Dataset entries
'''

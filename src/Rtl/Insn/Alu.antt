-- ===== src/Rtl/Insn/Alu.antt =====
-- Integer encoders of src/rtl-insn.c: make_intcast() to make_bitcast(). Of the number `other`, a
-- uint64_t, an immediate operand keeps 32 bits.
use libbinrec.Common.{
  ℕ, ◌+◌, ◌/◌, ◌%◌, ◌^◌, ◌==◌, ltb, not, ◌&&◌, ◌||◌, Bool, true, false, [], ◌∷◌, Option,
}
use libbinrec.Word.{u64, signed, u64_of}
use libbinrec.Rtl.Opcode.{DataType, Opcode, RegType, type_is_int}
use libbinrec.Rtl.Unit.{Insn, RtlUnit}
use libbinrec.Rtl.Unit.Access.{reg_at, update_reg, set_src_imm}
use libbinrec.Rtl.Insn.{
  is_defined, same_type, is_type, set_source, result_1, result_2, result_imm, encode, operand,
}

unfoldable pub make_intcast : Bool → RtlUnit → Insn → ℕ → ℕ → ℕ → ℕ → Option (RtlUnit × Insn)
make_intcast checks u insn dest src1 _ _ =
    encode checks
      (not (dest == 0)
        ∷ not (src1 == 0)
        ∷ not (is_defined u dest)
        ∷ is_defined u src1
        ∷ type_is_int (reg_at u dest).type
        ∷ type_is_int (reg_at u src1).type
        ∷ [])
      (update_reg u dest (set_source RegType.result (result_1 insn src1))) (dest ∷ src1 ∷ [])
      (record insn { dest = dest; src1 = src1 })

unfoldable pub make_alu_1op : Bool → RtlUnit → Insn → ℕ → ℕ → ℕ → ℕ → Option (RtlUnit × Insn)
make_alu_1op checks u insn dest src1 _ _ =
    encode checks
      (not (dest == 0)
        ∷ not (src1 == 0)
        ∷ not (is_defined u dest)
        ∷ is_defined u src1
        ∷ type_is_int (reg_at u dest).type
        ∷ same_type u src1 dest
        ∷ [])
      (update_reg u dest (set_source RegType.result (result_1 insn src1))) (dest ∷ src1 ∷ [])
      (record insn { dest = dest; src1 = src1 })

unfoldable pub make_alu_2op : Bool → RtlUnit → Insn → ℕ → ℕ → ℕ → ℕ → Option (RtlUnit × Insn)
make_alu_2op checks u insn dest src1 src2 _ =
    encode checks
      (not (dest == 0)
        ∷ not (src1 == 0)
        ∷ not (src2 == 0)
        ∷ not (is_defined u dest)
        ∷ is_defined u src1
        ∷ is_defined u src2
        ∷ type_is_int (reg_at u dest).type
        ∷ same_type u src1 dest
        ∷ same_type u src2 dest
        ∷ [])
      (update_reg u dest (set_source RegType.result (result_2 insn src1 src2)))
      (dest ∷ src1 ∷ src2 ∷ []) (record insn { dest = dest; src1 = src1; src2 = src2 })

unfoldable pub make_shift : Bool → RtlUnit → Insn → ℕ → ℕ → ℕ → ℕ → Option (RtlUnit × Insn)
make_shift checks u insn dest src1 src2 _ =
    encode checks
      (not (dest == 0)
        ∷ not (src1 == 0)
        ∷ not (src2 == 0)
        ∷ not (is_defined u dest)
        ∷ is_defined u src1
        ∷ is_defined u src2
        ∷ type_is_int (reg_at u dest).type
        ∷ same_type u src1 dest
        ∷ type_is_int (reg_at u src2).type
        ∷ [])
      (update_reg u dest (set_source RegType.result (result_2 insn src1 src2)))
      (dest ∷ src1 ∷ src2 ∷ []) (record insn { dest = dest; src1 = src1; src2 = src2 })

unfoldable pub make_alu_imm : Bool → RtlUnit → Insn → ℕ → ℕ → ℕ → ℕ → Option (RtlUnit × Insn)
make_alu_imm checks u insn dest src1 _ other =
    encode checks
      (not (dest == 0)
        ∷ not (src1 == 0)
        ∷ (is_type DataType.int32 u dest || ltb (u64 (other + 2147483648)) (2 ^ 32))
        ∷ not (is_defined u dest)
        ∷ is_defined u src1
        ∷ type_is_int (reg_at u dest).type
        ∷ same_type u src1 dest
        ∷ [])
      (update_reg u dest (set_source RegType.result (result_imm insn src1 other)))
      (dest ∷ src1 ∷ [])
      (set_src_imm (u64_of (signed 32 other)) (record insn { dest = dest; src1 = src1 }))

unfoldable pub make_clz : Bool → RtlUnit → Insn → ℕ → ℕ → ℕ → ℕ → Option (RtlUnit × Insn)
make_clz checks u insn dest src1 _ _ =
    encode checks
      (not (dest == 0)
        ∷ not (src1 == 0)
        ∷ not (is_defined u dest)
        ∷ is_defined u src1
        ∷ type_is_int (reg_at u dest).type
        ∷ type_is_int (reg_at u src1).type
        ∷ [])
      (update_reg u dest (set_source RegType.result (result_1 insn src1))) (dest ∷ src1 ∷ [])
      (record insn { dest = dest; src1 = src1 })

unfoldable pub make_cmp : Bool → RtlUnit → Insn → ℕ → ℕ → ℕ → ℕ → Option (RtlUnit × Insn)
make_cmp checks u insn dest src1 src2 _ =
    encode checks
      (not (dest == 0)
        ∷ not (src1 == 0)
        ∷ not (src2 == 0)
        ∷ not (is_defined u dest)
        ∷ is_defined u src1
        ∷ is_defined u src2
        ∷ type_is_int (reg_at u dest).type
        ∷ same_type u src2 src1
        ∷ [])
      (update_reg u dest (set_source RegType.result (result_2 insn src1 src2)))
      (dest ∷ src1 ∷ src2 ∷ []) (record insn { dest = dest; src1 = src1; src2 = src2 })

unfoldable pub make_cmp_imm : Bool → RtlUnit → Insn → ℕ → ℕ → ℕ → ℕ → Option (RtlUnit × Insn)
make_cmp_imm checks u insn dest src1 _ other =
    encode checks
      (not (dest == 0)
        ∷ not (src1 == 0)
        ∷ (is_type DataType.int32 u dest || ltb (u64 (other + 2147483648)) (2 ^ 32))
        ∷ not (is_defined u dest)
        ∷ is_defined u src1
        ∷ type_is_int (reg_at u dest).type
        ∷ type_is_int (reg_at u src1).type
        ∷ [])
      (update_reg u dest (set_source RegType.result (result_imm insn src1 other)))
      (dest ∷ src1 ∷ [])
      (set_src_imm (u64_of (signed 32 other)) (record insn { dest = dest; src1 = src1 }))

abbrev pub is_bfins : Opcode → Bool
is_bfins Opcode.bfins = true
is_bfins _ = false

unfoldable pub make_bitfield : Bool → RtlUnit → Insn → ℕ → ℕ → ℕ → ℕ → Option (RtlUnit × Insn)
make_bitfield checks u insn dest src1 src2 other =
    encode checks
      (not (dest == 0)
        ∷ not (src1 == 0)
        ∷ not (is_defined u dest)
        ∷ is_defined u src1
        ∷ type_is_int (reg_at u dest).type
        ∷ same_type u src1 dest
        ∷ (not (is_bfins insn.opcode)
            || not (src2 == 0) && is_defined u src2 && same_type u src2 dest)
        ∷ [])
      (update_reg u dest (
        set_source RegType.result (λ r. record (result_2 insn src1 src2 r) {
          start = other % 2 ^ 8;
          count = other / 2 ^ 8 % 2 ^ 8;
        })))
      (dest ∷ src1 ∷ operand src2)
      (record insn {
        dest = dest;
        src1 = src1;
        src2 = src2;
        start = other % 2 ^ 8;
        count = other / 2 ^ 8 % 2 ^ 8;
      })

unfoldable pub make_bitcast : Bool → RtlUnit → Insn → ℕ → ℕ → ℕ → ℕ → Option (RtlUnit × Insn)
make_bitcast checks u insn dest src1 _ _ =
    encode checks
      (not (dest == 0)
        ∷ not (src1 == 0)
        ∷ not (is_defined u dest)
        ∷ is_defined u src1
        ∷ ((is_type DataType.int32 u dest && is_type DataType.float32 u src1)
            || (is_type DataType.int64 u dest && is_type DataType.float64 u src1)
            || (is_type DataType.float32 u dest && is_type DataType.int32 u src1)
            || (is_type DataType.float64 u dest && is_type DataType.int64 u src1))
        ∷ [])
      (update_reg u dest (set_source RegType.result (result_1 insn src1))) (dest ∷ src1 ∷ [])
      (record insn { dest = dest; src1 = src1 })
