-- ===== src/Rtl/Insn/Fpu.antt =====
-- Floating-point encoders of src/rtl-insn.c: make_fcvt() to make_fcopyround().
use libbinrec.Common.{ℕ, ◌%◌, ◌^◌, ◌==◌, leb, not, ◌||◌, Bool, false, [], ◌∷◌, Option}
use libbinrec.Rtl.Opcode.{DataType, RegType, type_is_int, type_is_float, type_is_vector}
use libbinrec.Rtl.Unit.{Insn, RtlUnit}
use libbinrec.Rtl.Unit.Access.{reg_at, update_reg, set_src_imm}
use libbinrec.Rtl.Insn.{
  is_defined, same_type, is_type, set_source, result_1, result_2, result_3, result_imm, encode,
}

abbrev rtlfcmp_un : ℕ
rtlfcmp_un = 5

abbrev rtlfexc_zero_divide : ℕ
rtlfexc_zero_divide = 5

abbrev rtlfround_ceil : ℕ
rtlfround_ceil = 3

unfoldable pub make_fcvt : Bool → RtlUnit → Insn → ℕ → ℕ → ℕ → ℕ → Option (RtlUnit × Insn)
make_fcvt checks u insn dest src1 _ _ =
    encode checks
      (not (dest == 0)
        ∷ not (src1 == 0)
        ∷ not (is_defined u dest)
        ∷ is_defined u src1
        ∷ type_is_float (reg_at u dest).type
        ∷ type_is_float (reg_at u src1).type
        ∷ not (same_type u src1 dest)
        ∷ [])
      (update_reg u dest (set_source RegType.result (result_1 insn src1))) (dest ∷ src1 ∷ [])
      (record insn { dest = dest; src1 = src1 })

unfoldable pub make_ficast : Bool → RtlUnit → Insn → ℕ → ℕ → ℕ → ℕ → Option (RtlUnit × Insn)
make_ficast checks u insn dest src1 _ _ =
    encode checks
      (not (dest == 0)
        ∷ not (src1 == 0)
        ∷ not (is_defined u dest)
        ∷ is_defined u src1
        ∷ type_is_float (reg_at u dest).type
        ∷ type_is_int (reg_at u src1).type
        ∷ [])
      (update_reg u dest (set_source RegType.result (result_1 insn src1))) (dest ∷ src1 ∷ [])
      (record insn { dest = dest; src1 = src1 })

unfoldable pub make_froundi : Bool → RtlUnit → Insn → ℕ → ℕ → ℕ → ℕ → Option (RtlUnit × Insn)
make_froundi checks u insn dest src1 _ _ =
    encode checks
      (not (dest == 0)
        ∷ not (src1 == 0)
        ∷ not (is_defined u dest)
        ∷ is_defined u src1
        ∷ type_is_int (reg_at u dest).type
        ∷ type_is_float (reg_at u src1).type
        ∷ [])
      (update_reg u dest (set_source RegType.result (result_1 insn src1))) (dest ∷ src1 ∷ [])
      (record insn { dest = dest; src1 = src1 })

unfoldable pub make_fpu_1op : Bool → RtlUnit → Insn → ℕ → ℕ → ℕ → ℕ → Option (RtlUnit × Insn)
make_fpu_1op checks u insn dest src1 _ _ =
    encode checks
      (not (dest == 0)
        ∷ not (src1 == 0)
        ∷ not (is_defined u dest)
        ∷ is_defined u src1
        ∷ (type_is_float (reg_at u dest).type || type_is_vector (reg_at u dest).type)
        ∷ same_type u src1 dest
        ∷ [])
      (update_reg u dest (set_source RegType.result (result_1 insn src1))) (dest ∷ src1 ∷ [])
      (record insn { dest = dest; src1 = src1 })

unfoldable pub make_fpu_2op : Bool → RtlUnit → Insn → ℕ → ℕ → ℕ → ℕ → Option (RtlUnit × Insn)
make_fpu_2op checks u insn dest src1 src2 _ =
    encode checks
      (not (dest == 0)
        ∷ not (src1 == 0)
        ∷ not (src2 == 0)
        ∷ not (is_defined u dest)
        ∷ is_defined u src1
        ∷ is_defined u src2
        ∷ (type_is_float (reg_at u dest).type || type_is_vector (reg_at u dest).type)
        ∷ same_type u src1 dest
        ∷ same_type u src2 dest
        ∷ [])
      (update_reg u dest (set_source RegType.result (result_2 insn src1 src2)))
      (dest ∷ src1 ∷ src2 ∷ []) (record insn { dest = dest; src1 = src1; src2 = src2 })

unfoldable pub make_fpu_3op : Bool → RtlUnit → Insn → ℕ → ℕ → ℕ → ℕ → Option (RtlUnit × Insn)
make_fpu_3op checks u insn dest src1 src2 other =
    encode checks
      (not (dest == 0)
        ∷ not (src1 == 0)
        ∷ not (src2 == 0)
        ∷ not (other == 0)
        ∷ not (is_defined u dest)
        ∷ is_defined u src1
        ∷ is_defined u src2
        ∷ is_defined u other
        ∷ (type_is_float (reg_at u dest).type || type_is_vector (reg_at u dest).type)
        ∷ same_type u src1 dest
        ∷ same_type u src2 dest
        ∷ same_type u other dest
        ∷ [])
      (update_reg u dest (set_source RegType.result (result_3 insn src1 src2 other)))
      (dest ∷ src1 ∷ src2 ∷ other ∷ [])
      (record insn { dest = dest; src1 = src1; src2 = src2; src3 = other % 2 ^ 16 })

unfoldable pub make_fcmp : Bool → RtlUnit → Insn → ℕ → ℕ → ℕ → ℕ → Option (RtlUnit × Insn)
make_fcmp checks u insn dest src1 src2 other =
    encode checks
      (not (dest == 0)
        ∷ not (src1 == 0)
        ∷ not (src2 == 0)
        ∷ not (is_defined u dest)
        ∷ is_defined u src1
        ∷ is_defined u src2
        ∷ type_is_int (reg_at u dest).type
        ∷ type_is_float (reg_at u src1).type
        ∷ same_type u src2 src1
        ∷ leb other 31
        ∷ leb (other % 8) rtlfcmp_un
        ∷ [])
      (update_reg u dest (
        set_source RegType.result
          (λ r. record (result_2 insn src1 src2 r) { fcmp = other % 2 ^ 8 })))
      (dest ∷ src1 ∷ src2 ∷ [])
      (record insn { dest = dest; src1 = src1; src2 = src2; fcmp = other % 2 ^ 8 })

unfoldable pub make_fgetstate : Bool → RtlUnit → Insn → ℕ → ℕ → ℕ → ℕ → Option (RtlUnit × Insn)
make_fgetstate checks u insn dest _ _ _ =
    encode checks (not (dest == 0) ∷ not (is_defined u dest) ∷ is_type DataType.fpstate u dest ∷ [])
      (update_reg u dest
        (set_source RegType.result_nofold (λ r. record r { opcode = insn.opcode; is_imm = false })))
      (dest ∷ []) (record insn { dest = dest })

unfoldable pub make_fsetstate : Bool → RtlUnit → Insn → ℕ → ℕ → ℕ → ℕ → Option (RtlUnit × Insn)
make_fsetstate checks u insn _ src1 _ _ =
    encode checks (not (src1 == 0) ∷ is_defined u src1 ∷ is_type DataType.fpstate u src1 ∷ []) u
      (src1 ∷ []) (record insn { src1 = src1 })

unfoldable pub make_ftestexc : Bool → RtlUnit → Insn → ℕ → ℕ → ℕ → ℕ → Option (RtlUnit × Insn)
make_ftestexc checks u insn dest src1 _ other =
    encode checks
      (not (dest == 0)
        ∷ not (src1 == 0)
        ∷ not (is_defined u dest)
        ∷ is_defined u src1
        ∷ type_is_int (reg_at u dest).type
        ∷ is_type DataType.fpstate u src1
        ∷ leb other rtlfexc_zero_divide
        ∷ [])
      (update_reg u dest (set_source RegType.result_nofold (result_imm insn src1 other)))
      (dest ∷ src1 ∷ []) (set_src_imm other (record insn { dest = dest; src1 = src1 }))

unfoldable pub make_fclearexc : Bool → RtlUnit → Insn → ℕ → ℕ → ℕ → ℕ → Option (RtlUnit × Insn)
make_fclearexc checks u insn dest src1 _ _ =
    encode checks
      (not (dest == 0)
        ∷ not (src1 == 0)
        ∷ not (is_defined u dest)
        ∷ is_defined u src1
        ∷ is_type DataType.fpstate u dest
        ∷ is_type DataType.fpstate u src1
        ∷ [])
      (update_reg u dest (set_source RegType.result_nofold (result_1 insn src1))) (dest ∷ src1 ∷ [])
      (record insn { dest = dest; src1 = src1 })

unfoldable pub make_fsetround : Bool → RtlUnit → Insn → ℕ → ℕ → ℕ → ℕ → Option (RtlUnit × Insn)
make_fsetround checks u insn dest src1 _ other =
    encode checks
      (not (dest == 0)
        ∷ not (src1 == 0)
        ∷ not (is_defined u dest)
        ∷ is_defined u src1
        ∷ is_type DataType.fpstate u dest
        ∷ is_type DataType.fpstate u src1
        ∷ leb other rtlfround_ceil
        ∷ [])
      (update_reg u dest (set_source RegType.result_nofold (result_imm insn src1 other)))
      (dest ∷ src1 ∷ []) (set_src_imm other (record insn { dest = dest; src1 = src1 }))

unfoldable pub make_fcopyround : Bool → RtlUnit → Insn → ℕ → ℕ → ℕ → ℕ → Option (RtlUnit × Insn)
make_fcopyround checks u insn dest src1 src2 _ =
    encode checks
      (not (dest == 0)
        ∷ not (src1 == 0)
        ∷ not (src2 == 0)
        ∷ not (is_defined u dest)
        ∷ is_defined u src1
        ∷ is_defined u src2
        ∷ is_type DataType.fpstate u dest
        ∷ is_type DataType.fpstate u src1
        ∷ is_type DataType.fpstate u src2
        ∷ [])
      (update_reg u dest (set_source RegType.result_nofold (result_2 insn src1 src2)))
      (dest ∷ src1 ∷ src2 ∷ []) (record insn { dest = dest; src1 = src1; src2 = src2 })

'''

Reproduce each line of the entries in which the word "antt" is found.

• _ANSWER AREA_:
filename src/Rtl/Insn/Alu.antt
-- ===== src/Rtl/Insn/Alu.antt =====
-- ===== src/Rtl/Insn/Fpu.antt =====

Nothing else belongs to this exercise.